INSTRUCTIONS TO FOLLOW = Please copy, exactly as they appear below, the lines from the one containing "abbrev pub item_amounts" through the one containing "ℕ → ℕ → ℕ → Option".

(Saved data entries)
-- ===== src/Orders/Numbering/Sequences.antt =====
-- The sequences of the organizations, as a number is taken from one of them.
use vidalys_flow.Common.{
  ℕ, suc, ◌+◌, ◌≡◌, refl, ap, ◌∙◌, ◌⊎◌, inl, inr, none, some, List, [], ◌∷◌, find, replace, exclude,
  ◌==◌, Bool-cases, Option-cases, arith,
}
use vidalys_flow.Orders.Tables.{OrderNumberSequence}
use vidalys_flow.Orders.Numbering.{is_sequence_of, take_number}

-- The number that is taken from the sequences, and the sequences afterwards.
pub record IsNumbered (organization number : ℕ) (before after : List OrderNumberSequence)
    : Type 0 where
  pub taken :
      ((find (λ q. q.organization == organization) before ≡ none) × (number ≡ 1))
      ⊎ ((q : OrderNumberSequence) × (find (λ r. r.organization == organization) before ≡ some q)
          × (number ≡ q.next_number))
  pub next :
      find (λ q. q.organization == organization) after
      ≡ some (record { organization = organization; next_number = number + 1 })
  pub others :
      exclude (λ q. q.organization == organization) after
      ≡ exclude (λ q. q.organization == organization) before

find_next :
    (organization n : ℕ) (rows : List OrderNumberSequence) (q : OrderNumberSequence)
    → find (is_sequence_of organization) rows ≡ some q
    → find (is_sequence_of organization) (
        replace
          (is_sequence_of organization)
          (record { organization = organization; next_number = n })
          rows)
      ≡ some (record { organization = organization; next_number = n })
find_next organization n [] q h = cc
find_next organization n (x ∷ xs) q h = elim (Bool-cases (x.organization == organization)) [
  | inl same ↦ ground arith
  | inr other ↦ ground (arith, find_next organization n xs q)
]

exclude_next :
    (organization n : ℕ) (rows : List OrderNumberSequence)
    → exclude (is_sequence_of organization) (
        replace
          (is_sequence_of organization)
          (record { organization = organization; next_number = n })
          rows)
      ≡ exclude (is_sequence_of organization) rows
exclude_next organization n [] = refl
exclude_next organization n (x ∷ xs) = elim (Bool-cases (x.organization == organization)) [
  | inl same ↦ ground (arith, exclude_next organization n xs)
  | inr other ↦ ground (arith, exclude_next organization n xs)
]

pub take_number-IsNumbered :
    (organization : ℕ) (rows : List OrderNumberSequence)
    → let (number, after) = take_number organization rows in
      IsNumbered organization number rows after
unfolding take_number
take_number-IsNumbered organization rows =
    elim (Option-cases (find (is_sequence_of organization) rows)) [
      | inl missing ↦
          rw (missing, take_number)
            (record { taken = inl (missing, refl); next = ground arith; others = ground arith })
      | inr (q, found) ↦
          rw (found, take_number)
            (record {
              taken = inr (q, found, refl);
              next =
                  find_next organization (suc q.next_number) rows q found
                  ∙ ap (λ n. some (record { organization = organization; next_number = n }))
                      (omega arith);
              others = exclude_next organization (suc q.next_number) rows;
            })
    ]
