-- ===== src/Orders/Services.antt =====
-- apps/orders/services.py: the steps that its commands share. The commands are in the children.
pub mod Surcharge
pub mod Catalog
pub mod Lifecycle
pub mod Items
pub mod Frame
pub mod Effects
pub mod Totals
pub mod Confirmation
pub mod Replay
use vidalys_flow.Common.{
  ℕ, suc, ◌+◌, ◌-◌, ◌≡◌, refl, Bool, true, false, ◌&&◌, ◌||◌, not, Option, none, some, List, [],
  ◌∷◌, map, find, replace, select, any, leb, ltb, ◌==◌, if◌then◌else◌,
}
use vidalys_flow.Text.{Text, codes, text_eq}
use vidalys_flow.Numeric.{ℤ, pos, negsuc}
use vidalys_flow.Organizations.{User, Directory, has_membership, has_manager_role}
use vidalys_flow.Catalog.{Customer}
use vidalys_flow.Platform.Tables.{Journal, EventPayload, OutboxKey, enqueue_event, record_event}
use vidalys_flow.Transaction.{
  ok, ◌>>=◌, ◌>>◌, pure, raise, gets, modify, unless, raise_if, or_raise,
}
use vidalys_flow.Idempotency.{Receipt}
use vidalys_flow.Idempotency.Command.{ReceiptTable}
use vidalys_flow.Database.{Database}
use vidalys_flow.Orders.Calculations.{Amount, ItemAmounts, OrderAmounts, calculate_order}
use vidalys_flow.Orders.Calculations
use vidalys_flow.Orders.Tables.{
  Status, draft, confirmed, cancelled, status_text, is_draft, Order, OrderItem, OrderStatusHistory,
  CommandResult, OrderTables,
}
use vidalys_flow.Orders.Errors.{
  OrderError, OrderService, order_permission_denied, organization_mismatch, order_not_editable,
  version_conflict, result_missing, confirmation_blocked, amount_error, integrity_error,
}

-- The events of apps/orders/events.py.
pub data OrderEvent : Type 0 where
  created customer_changed item_added item_updated item_removed was_confirmed was_cancelled :
      OrderEvent

abbrev pub event_name : OrderEvent → Text
event_name created = codes "order.created"
event_name customer_changed = codes "order.customer_changed"
event_name item_added = codes "order.item_added"
event_name item_updated = codes "order.item_updated"
event_name item_removed = codes "order.item_removed"
event_name was_confirmed = codes "order.confirmed"
event_name was_cancelled = codes "order.cancelled"

-- The receipts of the orders inside the database.
abbrev pub order_receipts : ReceiptTable Database CommandResult
order_receipts = record {
  rows = λ s. s.orders.receipts;
  store = λ t s. record s { orders = record (s.orders) { receipts = t } };
  rows-store = λ t s. refl;
  store-rows = λ s. refl;
  store-store = λ t u s. refl;
}

pub data Action : Type 0 where
  manage confirm adjust cancel : Action

-- The policies of apps/orders/policies.py.
abbrev pub permits : Action → User → ℕ → Directory → Bool
permits manage = has_membership
permits confirm = has_membership
permits adjust = has_manager_role
permits cancel = has_manager_role

abbrev pub require_permission : User → ℕ → Action → OrderService (Unit {0})
require_permission actor organization action = do
  allowed ← gets (λ s. permits action actor organization s.directory)
  unless allowed order_permission_denied

abbrev pub is_some {ℓ} : {A : Type ℓ} → Option A → Bool
is_some none = false
is_some (some a) = true

abbrev pub require_customer : ℕ → Customer → OrderService (Unit {0})
require_customer organization customer = do
  unless (customer.organization == organization) organization_mismatch
  raise_if (is_some customer.merged_into) confirmation_blocked

abbrev pub is_order : ℕ → ℕ → Order → Bool
is_order organization id o = o.organization == organization && o.id == id

abbrev pub lock_order : ℕ → ℕ → OrderService Order
lock_order organization id = do
  or_raise (← gets (λ s. find (is_order organization id) s.orders.orders)) organization_mismatch

abbrev pub ensure_draft : Order → OrderService (Unit {0})
ensure_draft order = unless (is_draft order.status) order_not_editable

abbrev pub ensure_version : Order → ℕ → OrderService (Unit {0})
ensure_version order expected_version = unless (order.version == expected_version) version_conflict

abbrev pub set_orders : List Order → Database → Database
set_orders rows s = record s { orders = record (s.orders) { orders = rows } }

-- `order.save(...)`: the row is locked, so its other columns are those of `order`.
abbrev pub save_order : Order → OrderService (Unit {0})
save_order order =
    modify (λ s. set_orders (replace (λ o. o.id == order.id) order s.orders.orders) s)

abbrev pub finish_mutation : Order → OrderService Order
finish_mutation order = do
  let order' = record order { version = order.version + 1 }
  save_order order'
  pure order'

abbrev pub audit : Order → User → OrderEvent → OrderService (Unit {0})
audit order actor action = modify (λ s. record s {
  journal =
      record_event order.organization (some actor.id) (event_name action) (codes "order") order.id
        order.version s.journal;
})

abbrev pub order_payload : Order → EventPayload
order_payload order = record {
  order = order.id;
  status = status_text order.status;
  version = order.version;
}

abbrev pub order_key : ℕ → OrderEvent → Text → OutboxKey
order_key id event command_id = record {
  kind = codes "order";
  aggregate = id;
  event = event_name event;
  command = command_id;
}

abbrev pub outbox : Order → OrderEvent → Text → OrderService (Unit {0})
outbox order event command_id = modify (λ s. record s {
  journal =
      enqueue_event order.organization (event_name event) (codes "order") order.id
        (order_payload order) (order_key order.id event command_id) s.journal;
})

-- The uniqueness of (order, to_status) in the history.
abbrev pub same_status : Status → Status → Bool
same_status draft draft = true
same_status confirmed confirmed = true
same_status cancelled cancelled = true
same_status _ _ = false

abbrev pub add_history : OrderStatusHistory → OrderService (Unit {0})
add_history h = do
  rows ← gets (λ s. s.orders.history)
  raise_if (any (λ r. r.order == h.order && same_status r.to_status h.to_status) rows)
      integrity_error
  modify (λ s. record s { orders = record (s.orders) { history = h ∷ rows } })

-- How `create_order`, `confirm_order` and `cancel_order` end: the history, the audit trail, the
-- outbox.
unfoldable pub record_change :
    OrderStatusHistory → Order → User → OrderEvent → Text → OrderService (Unit {0})
record_change h order actor event command_id = do
  add_history h
  audit order actor event
  outbox order event command_id

-- `_existing_result`, without an item and with one.
abbrev pub result_order : Receipt CommandResult → Database → Option Order
result_order receipt s = elim receipt.result [
  | none ↦ none
  | some r ↦ find (is_order receipt.organization r.order) s.orders.orders
]

abbrev pub existing_order : Receipt CommandResult → OrderService Order
existing_order receipt = do or_raise (← gets (result_order receipt)) result_missing

abbrev pub same_id : ℕ → Option ℕ → Bool
same_id id none = false
same_id id (some i) = i == id

abbrev pub result_item : Receipt CommandResult → Database → Option OrderItem
result_item receipt s = elim receipt.result [
  | none ↦ none
  | some r ↦
      find
        (λ i. i.organization == receipt.organization && i.order == r.order && same_id i.id r.item)
        s.orders.items
]

abbrev pub existing_item : Receipt CommandResult → OrderService OrderItem
existing_item receipt = do or_raise (← gets (result_item receipt)) result_missing

-- What the calculations raise goes through.
abbrev pub calculated : {A : Type 0} → Amount A → OrderService A
calculated (Calculations.valued a) = pure a
calculated (Calculations.refused e) = raise (amount_error e)

abbrev pub item_amounts : OrderItem → ItemAmounts
item_amounts i = record {
  gross_total = i.gross_total;
  discount_amount = i.discount_amount;
  surcharge_amount = i.surcharge_amount;
}

abbrev pub items_of : ℕ → List OrderItem → List OrderItem
items_of order = select (λ i. i.order == order)

-- The columns of an order under its check constraints: a negative total is refused.
abbrev pub with_totals : Order → OrderAmounts → ℤ → OrderService Order
with_totals order t (negsuc n) = raise integrity_error
with_totals order t (pos total) = do
  unless (leb t.discount_total t.subtotal) integrity_error
  pure (record order {
    subtotal = t.subtotal;
    discount_total = t.discount_total;
    surcharge_total = t.surcharge_total;
    total = total;
  })

unfoldable pub recalculate : Order → OrderService Order
recalculate order = do
  items ← gets (λ s. items_of order.id s.orders.items)
  totals ← calculated (calculate_order (map item_amounts items))
  order' ← with_totals order totals totals.total
  save_order order'
  pure order'

abbrev pub result_of : Order → CommandResult
result_of order = record { order = order.id; item = none; version = order.version }

-- What `payload_hash` digests: the payload of each command.
pub data Request : Type 0 where
  create_order_request : ℕ → Text → Request
  change_customer_request : ℕ → ℕ → ℕ → Request
  add_item_request :
      ℕ → ℕ → Option ℕ → Option ℕ → Text → Text → ℕ → ℕ → ℕ → ℕ → Text → Text → Request
  update_item_request :
      ℕ → ℕ → ℕ → Option ℤ → Option ℤ → Option ℤ → Option ℤ → Option Text → Option Text → Request
  remove_item_request : ℕ → ℕ → ℕ → Request
  confirm_order_request : ℕ → ℕ → Request
  cancel_order_request : ℕ → Text → ℕ → Request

ANSWER TO THIS TASK =
abbrev pub item_amounts : OrderItem → ItemAmounts
item_amounts i = record {
  gross_total = i.gross_total;
  discount_amount = i.discount_amount;
  surcharge_amount = i.surcharge_amount;
}

abbrev pub items_of : ℕ → List OrderItem → List OrderItem
items_of order = select (λ i. i.order == order)

-- The columns of an order under its check constraints: a negative total is refused.
abbrev pub with_totals : Order → OrderAmounts → ℤ → OrderService Order
with_totals order t (negsuc n) = raise integrity_error
with_totals order t (pos total) = do
  unless (leb t.discount_total t.subtotal) integrity_error
  pure (record order {
    subtotal = t.subtotal;
    discount_total = t.discount_total;
    surcharge_total = t.surcharge_total;
    total = total;
  })

unfoldable pub recalculate : Order → OrderService Order
recalculate order = do
  items ← gets (λ s. items_of order.id s.orders.items)
  totals ← calculated (calculate_order (map item_amounts items))
  order' ← with_totals order totals totals.total
  save_order order'
  pure order'

abbrev pub result_of : Order → CommandResult
result_of order = record { order = order.id; item = none; version = order.version }

-- What `payload_hash` digests: the payload of each command.
pub data Request : Type 0 where
  create_order_request : ℕ → Text → Request
  change_customer_request : ℕ → ℕ → ℕ → Request
  add_item_request :
      ℕ → ℕ → Option ℕ → Option ℕ → Text → Text → ℕ → ℕ → ℕ → ℕ → Text → Text → Request
  update_item_request :
      ℕ → ℕ → ℕ → Option ℤ → Option ℤ → Option ℤ → Option ℤ → Option Text → Option Text → Request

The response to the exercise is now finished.